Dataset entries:
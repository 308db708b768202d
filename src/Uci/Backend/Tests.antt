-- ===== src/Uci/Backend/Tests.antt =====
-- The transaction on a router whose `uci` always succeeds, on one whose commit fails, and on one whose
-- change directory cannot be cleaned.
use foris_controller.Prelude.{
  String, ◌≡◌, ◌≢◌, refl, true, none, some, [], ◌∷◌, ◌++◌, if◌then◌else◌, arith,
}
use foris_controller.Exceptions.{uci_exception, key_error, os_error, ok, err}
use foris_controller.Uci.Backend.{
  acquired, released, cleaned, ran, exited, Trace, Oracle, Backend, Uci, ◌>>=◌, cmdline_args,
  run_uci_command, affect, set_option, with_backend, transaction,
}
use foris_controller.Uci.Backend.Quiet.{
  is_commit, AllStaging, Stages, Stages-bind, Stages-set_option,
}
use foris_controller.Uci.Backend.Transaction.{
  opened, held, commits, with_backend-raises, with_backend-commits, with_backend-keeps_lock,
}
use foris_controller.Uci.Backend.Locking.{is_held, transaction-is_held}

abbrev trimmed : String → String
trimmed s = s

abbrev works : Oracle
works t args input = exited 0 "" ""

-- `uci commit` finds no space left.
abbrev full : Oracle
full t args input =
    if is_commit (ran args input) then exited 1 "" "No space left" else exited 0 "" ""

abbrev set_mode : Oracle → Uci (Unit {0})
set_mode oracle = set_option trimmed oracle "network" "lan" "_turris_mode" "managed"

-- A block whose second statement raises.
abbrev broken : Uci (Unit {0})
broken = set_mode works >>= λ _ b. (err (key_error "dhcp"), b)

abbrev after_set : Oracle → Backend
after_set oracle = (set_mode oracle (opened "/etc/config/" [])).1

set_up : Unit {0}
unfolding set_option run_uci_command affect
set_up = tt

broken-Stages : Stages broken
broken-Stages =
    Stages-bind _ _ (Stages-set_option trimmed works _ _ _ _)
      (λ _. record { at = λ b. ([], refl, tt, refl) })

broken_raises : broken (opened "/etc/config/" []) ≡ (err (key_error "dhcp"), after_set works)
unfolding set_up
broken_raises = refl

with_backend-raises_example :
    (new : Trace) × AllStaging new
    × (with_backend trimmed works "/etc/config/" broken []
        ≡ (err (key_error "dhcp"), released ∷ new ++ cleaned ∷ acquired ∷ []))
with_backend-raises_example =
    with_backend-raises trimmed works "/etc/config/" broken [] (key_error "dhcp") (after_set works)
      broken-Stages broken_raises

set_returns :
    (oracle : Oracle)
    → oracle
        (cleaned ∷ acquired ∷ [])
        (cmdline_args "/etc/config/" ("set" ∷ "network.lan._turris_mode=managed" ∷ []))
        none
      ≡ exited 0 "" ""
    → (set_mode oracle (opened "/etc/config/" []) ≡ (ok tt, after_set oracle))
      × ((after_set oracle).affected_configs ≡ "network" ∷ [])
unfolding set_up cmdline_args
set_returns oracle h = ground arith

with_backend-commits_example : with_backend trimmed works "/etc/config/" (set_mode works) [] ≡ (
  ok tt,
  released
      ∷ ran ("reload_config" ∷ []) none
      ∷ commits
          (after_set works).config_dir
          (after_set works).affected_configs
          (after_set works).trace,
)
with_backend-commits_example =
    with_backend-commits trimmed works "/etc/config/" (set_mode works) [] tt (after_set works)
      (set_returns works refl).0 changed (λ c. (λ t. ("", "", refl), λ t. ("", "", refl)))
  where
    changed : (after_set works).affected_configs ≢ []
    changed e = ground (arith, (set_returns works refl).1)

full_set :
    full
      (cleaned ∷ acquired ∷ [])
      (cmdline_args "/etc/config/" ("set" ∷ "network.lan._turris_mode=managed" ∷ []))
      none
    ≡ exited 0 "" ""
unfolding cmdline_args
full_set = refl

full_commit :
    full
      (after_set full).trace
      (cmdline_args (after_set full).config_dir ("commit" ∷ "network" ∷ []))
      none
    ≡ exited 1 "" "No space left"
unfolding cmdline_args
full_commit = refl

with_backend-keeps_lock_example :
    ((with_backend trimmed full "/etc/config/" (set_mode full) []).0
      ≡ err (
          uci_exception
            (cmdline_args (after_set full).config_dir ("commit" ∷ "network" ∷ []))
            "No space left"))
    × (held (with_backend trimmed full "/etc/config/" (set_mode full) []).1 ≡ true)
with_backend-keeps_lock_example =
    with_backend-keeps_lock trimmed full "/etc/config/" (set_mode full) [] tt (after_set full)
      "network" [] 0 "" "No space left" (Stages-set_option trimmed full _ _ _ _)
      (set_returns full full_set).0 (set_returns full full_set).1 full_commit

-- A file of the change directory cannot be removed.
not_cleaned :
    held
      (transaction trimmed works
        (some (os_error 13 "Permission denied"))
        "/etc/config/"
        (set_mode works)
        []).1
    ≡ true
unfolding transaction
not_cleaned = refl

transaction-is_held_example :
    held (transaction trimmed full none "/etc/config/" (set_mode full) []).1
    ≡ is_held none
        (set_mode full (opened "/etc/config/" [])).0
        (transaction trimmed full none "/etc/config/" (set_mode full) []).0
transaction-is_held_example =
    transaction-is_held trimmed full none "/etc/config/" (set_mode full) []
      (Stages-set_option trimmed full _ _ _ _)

### Action item
Write the entries again, exactly as they stand.

### Completed exercise
repository 308db708b768202d
filename src/Uci/Backend/Tests.antt
-- ===== src/Uci/Backend/Tests.antt =====
-- The transaction on a router whose `uci` always succeeds, on one whose commit fails, and on one whose
-- change directory cannot be cleaned.
use foris_controller.Prelude.{
  String, ◌≡◌, ◌≢◌, refl, true, none, some, [], ◌∷◌, ◌++◌, if◌then◌else◌, arith,
}
use foris_controller.Exceptions.{uci_exception, key_error, os_error, ok, err}
use foris_controller.Uci.Backend.{
  acquired, released, cleaned, ran, exited, Trace, Oracle, Backend, Uci, ◌>>=◌, cmdline_args,
  run_uci_command, affect, set_option, with_backend, transaction,
}
use foris_controller.Uci.Backend.Quiet.{
  is_commit, AllStaging, Stages, Stages-bind, Stages-set_option,
}
use foris_controller.Uci.Backend.Transaction.{
  opened, held, commits, with_backend-raises, with_backend-commits, with_backend-keeps_lock,
}
use foris_controller.Uci.Backend.Locking.{is_held, transaction-is_held}

abbrev trimmed : String → String
trimmed s = s

abbrev works : Oracle
works t args input = exited 0 "" ""

-- `uci commit` finds no space left.
abbrev full : Oracle
full t args input =
    if is_commit (ran args input) then exited 1 "" "No space left" else exited 0 "" ""

abbrev set_mode : Oracle → Uci (Unit {0})
set_mode oracle = set_option trimmed oracle "network" "lan" "_turris_mode" "managed"

-- A block whose second statement raises.
abbrev broken : Uci (Unit {0})
broken = set_mode works >>= λ _ b. (err (key_error "dhcp"), b)

abbrev after_set : Oracle → Backend
after_set oracle = (set_mode oracle (opened "/etc/config/" [])).1

set_up : Unit {0}
unfolding set_option run_uci_command affect
set_up = tt

broken-Stages : Stages broken
broken-Stages =
    Stages-bind _ _ (Stages-set_option trimmed works _ _ _ _)
      (λ _. record { at = λ b. ([], refl, tt, refl) })

broken_raises : broken (opened "/etc/config/" []) ≡ (err (key_error "dhcp"), after_set works)
unfolding set_up
broken_raises = refl

with_backend-raises_example :
    (new : Trace) × AllStaging new
    × (with_backend trimmed works "/etc/config/" broken []
        ≡ (err (key_error "dhcp"), released ∷ new ++ cleaned ∷ acquired ∷ []))
with_backend-raises_example =
    with_backend-raises trimmed works "/etc/config/" broken [] (key_error "dhcp") (after_set works)
      broken-Stages broken_raises

set_returns :
    (oracle : Oracle)
    → oracle
        (cleaned ∷ acquired ∷ [])
        (cmdline_args "/etc/config/" ("set" ∷ "network.lan._turris_mode=managed" ∷ []))
        none
      ≡ exited 0 "" ""
    → (set_mode oracle (opened "/etc/config/" []) ≡ (ok tt, after_set oracle))
      × ((after_set oracle).affected_configs ≡ "network" ∷ [])
unfolding set_up cmdline_args
set_returns oracle h = ground arith

with_backend-commits_example : with_backend trimmed works "/etc/config/" (set_mode works) [] ≡ (
  ok tt,
  released
      ∷ ran ("reload_config" ∷ []) none
      ∷ commits
          (after_set works).config_dir
          (after_set works).affected_configs
          (after_set works).trace,
)
with_backend-commits_example =
    with_backend-commits trimmed works "/etc/config/" (set_mode works) [] tt (after_set works)
      (set_returns works refl).0 changed (λ c. (λ t. ("", "", refl), λ t. ("", "", refl)))
  where
    changed : (after_set works).affected_configs ≢ []
    changed e = ground (arith, (set_returns works refl).1)

full_set :
    full
      (cleaned ∷ acquired ∷ [])
      (cmdline_args "/etc/config/" ("set" ∷ "network.lan._turris_mode=managed" ∷ []))
      none
    ≡ exited 0 "" ""
unfolding cmdline_args
full_set = refl

full_commit :
    full
      (after_set full).trace
      (cmdline_args (after_set full).config_dir ("commit" ∷ "network" ∷ []))
      none
    ≡ exited 1 "" "No space left"
unfolding cmdline_args
full_commit = refl

with_backend-keeps_lock_example :
    ((with_backend trimmed full "/etc/config/" (set_mode full) []).0
      ≡ err (
          uci_exception
            (cmdline_args (after_set full).config_dir ("commit" ∷ "network" ∷ []))
            "No space left"))
    × (held (with_backend trimmed full "/etc/config/" (set_mode full) []).1 ≡ true)
with_backend-keeps_lock_example =
    with_backend-keeps_lock trimmed full "/etc/config/" (set_mode full) [] tt (after_set full)
      "network" [] 0 "" "No space left" (Stages-set_option trimmed full _ _ _ _)
      (set_returns full full_set).0 (set_returns full full_set).1 full_commit

-- A file of the change directory cannot be removed.
not_cleaned :
    held
      (transaction trimmed works
        (some (os_error 13 "Permission denied"))
        "/etc/config/"
        (set_mode works)
        []).1
    ≡ true
unfolding transaction
not_cleaned = refl

transaction-is_held_example :
    held (transaction trimmed full none "/etc/config/" (set_mode full) []).1
    ≡ is_held none
        (set_mode full (opened "/etc/config/" [])).0
        (transaction trimmed full none "/etc/config/" (set_mode full) []).0
transaction-is_held_example =
    transaction-is_held trimmed full none "/etc/config/" (set_mode full) []
      (Stages-set_option trimmed full _ _ _ _)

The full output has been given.